The bank said provisions, including those for bad loans and contingencies, grew a whopping 37.6 per cent to Rs 3,043.6 crore in Q3FY20, from Rs 2,211.5 crore in the corresponding period a year ago.
The increase in specific loan loss provisions jumped by 66.2 per cent to Rs 2,883.6 crore in the quarter from Rs 1,734.6 crore the previous year.
The specific loan loss provisions in the current quarter include one-offs of approximately Rs 700 crore, primarily relating to some corporate accounts.
The general and other provisions declined to Rs 159.9 crore in Q3FY20 from Rs 476.9 crore in the year-ago period.
The asset quality showed some pressure as gross Non-performing assets (NPAs) rose year-on-year basis and sequentially. GNPAs moved up at 1.42 per cent in December 2019, from 1.38 per cent in December 2018. The gross NPAs stood at 1.38 per cent in September 2019.
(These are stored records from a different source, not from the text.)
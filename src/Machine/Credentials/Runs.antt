-- ===== src/Machine/Credentials/Runs.antt =====
-- Any sequence of the operations on API keys, with changes by the rest of the program to the other
-- tables.
use keylo.Base.Results.{Result, ok, err}
use keylo.Base.{ℕ, ◌+◌, String, Bool, false, Option, none, some, List, [], ◌∷◌, ◌==◌, if◌then◌else◌}
use keylo.Organizations.Tables.{Failure}
use keylo.Machine.Tables.{Db}
use keylo.Machine.Credentials.{
  CreateMachineCredentialParams, RotateMachineCredentialParams, FreshKey, MachineCredentialInfo,
  insert_machine_credential, rotate_machine_credential, revoke_machine_credential_in_scope,
  create_machine_credential_as_organization_manager,
  rotate_machine_credential_as_organization_manager,
  revoke_machine_credential_as_organization_manager,
}
use keylo.Machine.Verification.{
  MachineCredentialVerification, authorized, invalid, verify_machine_credential,
}

pub data Op : Type 0 where
  create : ℕ → FreshKey → CreateMachineCredentialParams → Op
  rotate : ℕ → FreshKey → RotateMachineCredentialParams → Op
  revoke : ℕ → String → Option String → String → Option String → Op
  create_as : ℕ → String → String → FreshKey → CreateMachineCredentialParams → Op
  rotate_as : ℕ → String → String → FreshKey → RotateMachineCredentialParams → Op
  revoke_as : ℕ → String → String → String → String → Option String → Op
  verify_key : ℕ → String → String → String → Op
  -- Other writers: every table but the keys becomes that of the argument.
  others : Db → Op

-- The tables after a transaction that may fail.
abbrev pub after : {A : Type 0} → Db → Result (A × Db) Failure → Db
after db (ok (a, db')) = db'
after db (err e) = db

abbrev pub accepted_of :
    Db → Result (MachineCredentialVerification × Db) Failure → Option MachineCredentialInfo × Db
accepted_of db (ok (authorized i p, db')) = (some i, db')
accepted_of db (ok (invalid, db')) = (none, db')
accepted_of db (err e) = (none, db)

abbrev pub is_key : String → Option MachineCredentialInfo → Bool
is_key k none = false
is_key k (some i) = i.key_id == k

module _ (verify : String → String → Option Bool) where
  -- The key that an operation accepted, if it is a verification that did, and the tables after it.
  unfoldable pub perform : Op → Db → Option MachineCredentialInfo × Db
  perform (create now fresh p) db = (none, after db (insert_machine_credential now fresh p db))
  perform (rotate now fresh p) db = (none, after db (rotate_machine_credential now fresh p db))
  perform (revoke now principal_id o k reason) db =
      (none, (revoke_machine_credential_in_scope now principal_id o k reason db).1)
  perform (create_as now o actor fresh p) db =
      (none, after db (create_machine_credential_as_organization_manager now o actor fresh p db))
  perform (rotate_as now o actor fresh p) db =
      (none, after db (rotate_machine_credential_as_organization_manager now o actor fresh p db))
  perform (revoke_as now o actor principal_id k reason) db = (
    none,
    after db
        (revoke_machine_credential_as_organization_manager now o actor principal_id k reason db),
  )
  perform (verify_key now raw scope audience) db =
      accepted_of db (verify_machine_credential verify now raw scope audience db)
  perform (others new) db = (none, record new { machine_credentials = db.machine_credentials })

  -- How often a run accepts the key `k`.
  unfoldable pub acceptances : String → List Op → Db → ℕ
  acceptances k [] db = 0
  acceptances k (op ∷ ops) db =
      let (i, db') = perform op db in (if is_key k i then 1 else 0) + acceptances k ops db'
Bank executives, in a conference call, said the asset quality of unsecured loans is holding well. However, the concern is over stress in the commercial vehicles and equipment segment. This is a function of the economic climate as freight rates and volumes have come down.
Referring to business performance, the bank said its advances rose by 20 per cent to Rs 9.36 trillion. Domestic retail loans grew by 14.1 per cent and domestic wholesale loan book expanded at a much faster pace of 29.3 per cent. The domestic loan mix showed retail share of 52 per cent, while that of wholesale was 48 per cent.
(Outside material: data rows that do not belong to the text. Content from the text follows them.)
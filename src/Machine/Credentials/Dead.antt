-- ===== src/Machine/Credentials/Dead.antt =====
-- A key that is revoked stays so under each operation.
use mathlib.Core.Path.{subst}
use keylo.Base.Results.{Result, ok, err, ◌>>=◌, ok_or, bind-holds}
use keylo.Base.{
  ℕ, String, Bool, true, false, ◌&&◌, Option, none, some, List, [], ◌∷◌, ◌++◌, ◌≡◌, refl, arith,
  ◌==◌, eq_iff, any, update_where, if◌then◌else◌, Bool-cases, inl, inr, any-append,
}
use keylo.Organizations.Tables.{Failure, bail, constraint_violation}
use keylo.Machine.Tables.{MachineCredential, Db}
use keylo.Machine.Scope.{normalize_organization_id, lock_machine_principal_scope}
use keylo.Machine.Credentials.{
  CreateMachineCredentialParams, RotateMachineCredentialParams, FreshKey,
  MachineCredentialSecretResponse, new_credential, insert_row, insert_machine_credential, in_scope,
  answered, rotate_existing, rotate_machine_credential, revoke_key,
  revoke_machine_credential_in_scope,
}
use keylo.Machine.Credentials.Runs.{after}

module _ (k : String) where
  abbrev pub is_k : MachineCredential → Bool
  is_k c = c.key_id == k

  abbrev pub is_live_k : MachineCredential → Bool
  is_live_k c = c.key_id == k && c.status == "active"

  -- The key is there, and is not active.
  abbrev pub IsDead : Db → Type 0
  IsDead db =
      (any is_k db.machine_credentials ≡ true) × (any is_live_k db.machine_credentials ≡ false)

  pub update-IsDead :
      (test : MachineCredential → Bool) (change : MachineCredential → MachineCredential)
      → ((c : MachineCredential) → is_k (change c) ≡ is_k c)
      → ((c : MachineCredential) → is_live_k c ≡ false → is_live_k (change c) ≡ false)
      → (cs : List MachineCredential)
      → (any is_k (update_where test change cs) ≡ any is_k cs)
        × (any is_live_k cs ≡ false → any is_live_k (update_where test change cs) ≡ false)
  update-IsDead test change same dead [] = (refl, λ e. e)
  update-IsDead test change same dead (c ∷ cs) =
      let (there, off) = update-IsDead test change same dead cs in
      (ground (arith, same c, there), λ e. ground (arith, dead c, off, e))

  added-IsDead :
      (cs : List MachineCredential) (c : MachineCredential)
      → any is_k cs ≡ true
      → any is_live_k cs ≡ false
      → any (λ r. r.key_id == c.key_id) cs ≡ false
      → (any is_k (cs ++ c ∷ []) ≡ true) × (any is_live_k (cs ++ c ∷ []) ≡ false)
  added-IsDead cs c there off new =
      let other : (c.key_id == k) ≡ false = elim (Bool-cases (c.key_id == k)) [
        | inr distinct ↦ distinct
        | inl same ↦
            let name : c.key_id ≡ k = (eq_iff c.key_id k).0 same in
            cc (there, subst (λ x. any (λ r. r.key_id == x) cs ≡ false) name new)
      ] in
      (
        ground (arith, there, any-append is_k cs (c ∷ [])),
        ground (arith, off, other, any-append is_live_k cs (c ∷ [])),
      )

  -- A transaction that keeps a dead key dead.
  abbrev pub Survives : {A : Type 0} → Result (A × Db) Failure → Type 0
  Survives (ok (a, db')) = IsDead db'
  Survives (err e) = Unit

  pub IsDead-after :
      {A : Type 0} (db : Db) (r : Result (A × Db) Failure)
      → IsDead db
      → Survives r
      → IsDead (after db r)
  IsDead-after db (ok (a, db')) dead survives = survives
  IsDead-after db (err e) dead survives = dead

  module _ (db : Db) (dead : IsDead db) where
    guarded-Survives :
        {A : Type 0} (refused : Bool) (answer : A) (new : Db)
        → (refused ≡ false → IsDead new)
        → Survives
            ((if refused then err constraint_violation else ok new) >>= λ db'. ok (answer, db'))
    guarded-Survives true answer new works = tt
    guarded-Survives false answer new works = works refl

    pub insert-Survives :
        (now : ℕ) (fresh : FreshKey) (p : CreateMachineCredentialParams)
        → Survives (insert_machine_credential now fresh p db)
    unfolding insert_machine_credential insert_row
    insert-Survives now fresh p =
        bind-holds Survives (λ e. tt) (normalize_organization_id p.organization_id) _
          λ o _.
            bind-holds Survives (λ e. tt) (lock_machine_principal_scope db p.principal_id o) _
              λ s _.
                bind-holds Survives (λ e. tt) (ok_or (bail "bcrypt") fresh.hashed) _
                  λ h _.
                    let c = new_credential now fresh.key_id h o p in
                    guarded-Survives _ _
                      (record db { machine_credentials = db.machine_credentials ++ c ∷ [] })
                      (λ fine.
                        added-IsDead db.machine_credentials c dead.0 dead.1 (ground (arith, fine)))

    answered-Survives :
        (r : Result (MachineCredentialSecretResponse × Db) Failure)
        → Survives r
        → Survives (answered r)
    answered-Survives (ok (response, db')) survives = survives
    answered-Survives (err e) survives = tt

    rotate_existing-Survives :
        (now : ℕ) (fresh : FreshKey) (p : RotateMachineCredentialParams)
        (existing : Option MachineCredential)
        → Survives (rotate_existing now fresh p db existing)
    unfolding rotate_existing
    rotate_existing-Survives now fresh p none = dead
    rotate_existing-Survives now fresh p (some c) = elim (Bool-cases (c.status == "active")) [
      | inr inactive ↦ rw inactive dead
      | inl active ↦ rw active (answered-Survives _ (insert-Survives now fresh _))
    ]

    pub rotate-Survives :
        (now : ℕ) (fresh : FreshKey) (p : RotateMachineCredentialParams)
        → Survives (rotate_machine_credential now fresh p db)
    unfolding rotate_machine_credential
    rotate-Survives now fresh p = rotate_existing-Survives now fresh p _

    pub revoke-IsDead :
        (now : ℕ) (principal_id : String) (o : Option String) (id : String) (reason : Option String)
        → IsDead (revoke_machine_credential_in_scope now principal_id o id reason db).1
    unfolding revoke_machine_credential_in_scope
    revoke-IsDead now principal_id o id reason =
        let (there, off) =
          update-IsDead (in_scope principal_id o id) (revoke_key now reason) (λ c. refl)
            (λ c off. ground arith) db.machine_credentials in
        (cc (there, dead.0), off dead.1)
HDFC Bank’s deposits grew by 25.2 per cent to Rs 10.67 trillion at end of December 2019.
The share of low cost – current account and savings deposits (CASA) – in total deposits stood at 39.5 per cent as on December 31, 2019.
The bank’s total Capital Adequacy Ratio (CAR) as per Basel III guidelines was 18.5 per cent as on December 31, 2019 (17.3 per cent as on December 31, 2018). Common Equity Tier 1 Capital ratio (CET-1) was at 16.2 per cent as of December 31, 2019.